Scan the entries below. List each line with "length".

══ DATASET ENTRIES

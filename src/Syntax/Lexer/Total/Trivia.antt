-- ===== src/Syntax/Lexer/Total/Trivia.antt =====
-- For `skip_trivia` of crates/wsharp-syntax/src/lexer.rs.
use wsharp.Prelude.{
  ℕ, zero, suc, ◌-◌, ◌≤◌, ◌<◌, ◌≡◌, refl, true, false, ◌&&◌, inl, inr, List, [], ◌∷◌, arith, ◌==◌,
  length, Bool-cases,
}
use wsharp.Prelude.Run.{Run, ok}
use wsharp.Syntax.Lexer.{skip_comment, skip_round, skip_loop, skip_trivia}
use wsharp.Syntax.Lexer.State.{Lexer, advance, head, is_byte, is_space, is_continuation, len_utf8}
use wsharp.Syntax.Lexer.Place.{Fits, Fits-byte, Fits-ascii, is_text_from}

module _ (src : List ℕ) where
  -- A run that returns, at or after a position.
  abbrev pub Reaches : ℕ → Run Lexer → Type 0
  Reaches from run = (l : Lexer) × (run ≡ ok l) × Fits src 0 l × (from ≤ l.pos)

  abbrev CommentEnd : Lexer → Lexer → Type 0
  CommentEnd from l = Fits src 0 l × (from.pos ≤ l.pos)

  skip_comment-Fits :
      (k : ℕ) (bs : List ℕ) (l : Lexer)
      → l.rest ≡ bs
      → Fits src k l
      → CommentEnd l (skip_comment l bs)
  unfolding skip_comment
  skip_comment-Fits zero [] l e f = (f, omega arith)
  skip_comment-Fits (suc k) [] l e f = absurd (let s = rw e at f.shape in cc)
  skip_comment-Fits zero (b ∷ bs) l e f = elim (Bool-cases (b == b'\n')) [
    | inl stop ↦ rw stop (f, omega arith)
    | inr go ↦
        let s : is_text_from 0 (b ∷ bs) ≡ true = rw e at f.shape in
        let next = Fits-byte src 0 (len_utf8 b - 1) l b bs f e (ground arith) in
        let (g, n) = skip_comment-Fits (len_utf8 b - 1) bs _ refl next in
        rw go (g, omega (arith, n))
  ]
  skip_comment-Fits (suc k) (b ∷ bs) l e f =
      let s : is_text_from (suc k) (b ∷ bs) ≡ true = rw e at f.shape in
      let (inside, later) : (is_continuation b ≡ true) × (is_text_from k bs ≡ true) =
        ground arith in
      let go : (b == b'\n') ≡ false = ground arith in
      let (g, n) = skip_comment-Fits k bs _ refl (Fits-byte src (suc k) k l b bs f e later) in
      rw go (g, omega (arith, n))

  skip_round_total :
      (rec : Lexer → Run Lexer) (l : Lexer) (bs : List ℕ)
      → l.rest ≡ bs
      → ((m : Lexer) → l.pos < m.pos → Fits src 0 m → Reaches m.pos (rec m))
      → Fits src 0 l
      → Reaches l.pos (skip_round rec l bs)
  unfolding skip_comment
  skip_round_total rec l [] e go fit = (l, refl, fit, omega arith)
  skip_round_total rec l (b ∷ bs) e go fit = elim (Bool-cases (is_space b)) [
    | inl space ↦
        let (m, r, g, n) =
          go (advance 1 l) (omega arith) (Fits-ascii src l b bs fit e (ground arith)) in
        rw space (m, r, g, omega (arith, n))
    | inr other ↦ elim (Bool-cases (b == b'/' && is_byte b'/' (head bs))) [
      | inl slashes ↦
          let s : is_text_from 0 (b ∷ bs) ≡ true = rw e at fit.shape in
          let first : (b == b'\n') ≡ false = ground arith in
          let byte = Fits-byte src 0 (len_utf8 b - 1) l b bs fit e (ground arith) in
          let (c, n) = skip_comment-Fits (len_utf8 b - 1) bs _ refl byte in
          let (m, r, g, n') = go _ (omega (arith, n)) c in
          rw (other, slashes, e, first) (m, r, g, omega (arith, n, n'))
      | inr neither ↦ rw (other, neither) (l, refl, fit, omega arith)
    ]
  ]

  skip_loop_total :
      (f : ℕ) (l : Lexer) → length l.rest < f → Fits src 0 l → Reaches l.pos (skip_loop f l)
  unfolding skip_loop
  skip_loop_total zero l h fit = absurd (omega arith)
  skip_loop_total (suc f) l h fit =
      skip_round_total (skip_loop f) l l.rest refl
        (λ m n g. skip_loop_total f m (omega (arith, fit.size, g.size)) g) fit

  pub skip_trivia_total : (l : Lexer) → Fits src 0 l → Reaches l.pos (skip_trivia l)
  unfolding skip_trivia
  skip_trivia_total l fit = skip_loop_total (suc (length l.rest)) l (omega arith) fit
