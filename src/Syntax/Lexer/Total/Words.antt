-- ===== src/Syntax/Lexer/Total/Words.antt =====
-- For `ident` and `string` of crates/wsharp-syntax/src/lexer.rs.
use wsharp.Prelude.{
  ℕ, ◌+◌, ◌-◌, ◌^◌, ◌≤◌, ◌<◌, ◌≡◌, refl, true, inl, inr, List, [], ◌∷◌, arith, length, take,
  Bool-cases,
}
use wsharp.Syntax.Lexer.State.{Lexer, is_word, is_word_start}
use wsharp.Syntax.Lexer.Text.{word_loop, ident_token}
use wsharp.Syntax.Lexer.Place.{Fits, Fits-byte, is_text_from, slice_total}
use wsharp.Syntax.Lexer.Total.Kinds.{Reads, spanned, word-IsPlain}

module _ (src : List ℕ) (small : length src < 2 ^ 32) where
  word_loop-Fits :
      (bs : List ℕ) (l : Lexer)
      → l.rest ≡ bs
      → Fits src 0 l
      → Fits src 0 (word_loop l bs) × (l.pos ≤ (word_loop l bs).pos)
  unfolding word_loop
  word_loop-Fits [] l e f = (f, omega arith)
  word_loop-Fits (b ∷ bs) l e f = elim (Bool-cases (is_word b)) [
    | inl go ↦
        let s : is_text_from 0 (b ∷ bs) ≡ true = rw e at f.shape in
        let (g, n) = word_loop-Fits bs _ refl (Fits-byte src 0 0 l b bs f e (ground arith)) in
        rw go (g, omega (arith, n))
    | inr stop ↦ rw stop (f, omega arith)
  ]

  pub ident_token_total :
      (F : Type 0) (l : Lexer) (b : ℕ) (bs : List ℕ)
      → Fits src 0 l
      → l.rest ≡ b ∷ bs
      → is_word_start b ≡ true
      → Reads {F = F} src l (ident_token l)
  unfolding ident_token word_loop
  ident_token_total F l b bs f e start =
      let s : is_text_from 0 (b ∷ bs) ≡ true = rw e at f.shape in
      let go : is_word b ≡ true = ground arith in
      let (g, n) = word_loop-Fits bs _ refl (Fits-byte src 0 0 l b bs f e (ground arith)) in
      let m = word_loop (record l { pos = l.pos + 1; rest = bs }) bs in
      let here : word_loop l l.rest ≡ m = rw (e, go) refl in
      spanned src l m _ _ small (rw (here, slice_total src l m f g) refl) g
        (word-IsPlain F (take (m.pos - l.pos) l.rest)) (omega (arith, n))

════

- [SOLUTION TO THIS TASK]
  length, Bool-cases,
      (f : ℕ) (l : Lexer) → length l.rest < f → Fits src 0 l → Reaches l.pos (skip_loop f l)
  skip_trivia_total l fit = skip_loop_total (suc (length l.rest)) l (omega arith) fit
  ℕ, ◌+◌, ◌-◌, ◌^◌, ◌≤◌, ◌<◌, ◌≡◌, refl, true, inl, inr, List, [], ◌∷◌, arith, length, take,
module _ (src : List ℕ) (small : length src < 2 ^ 32) where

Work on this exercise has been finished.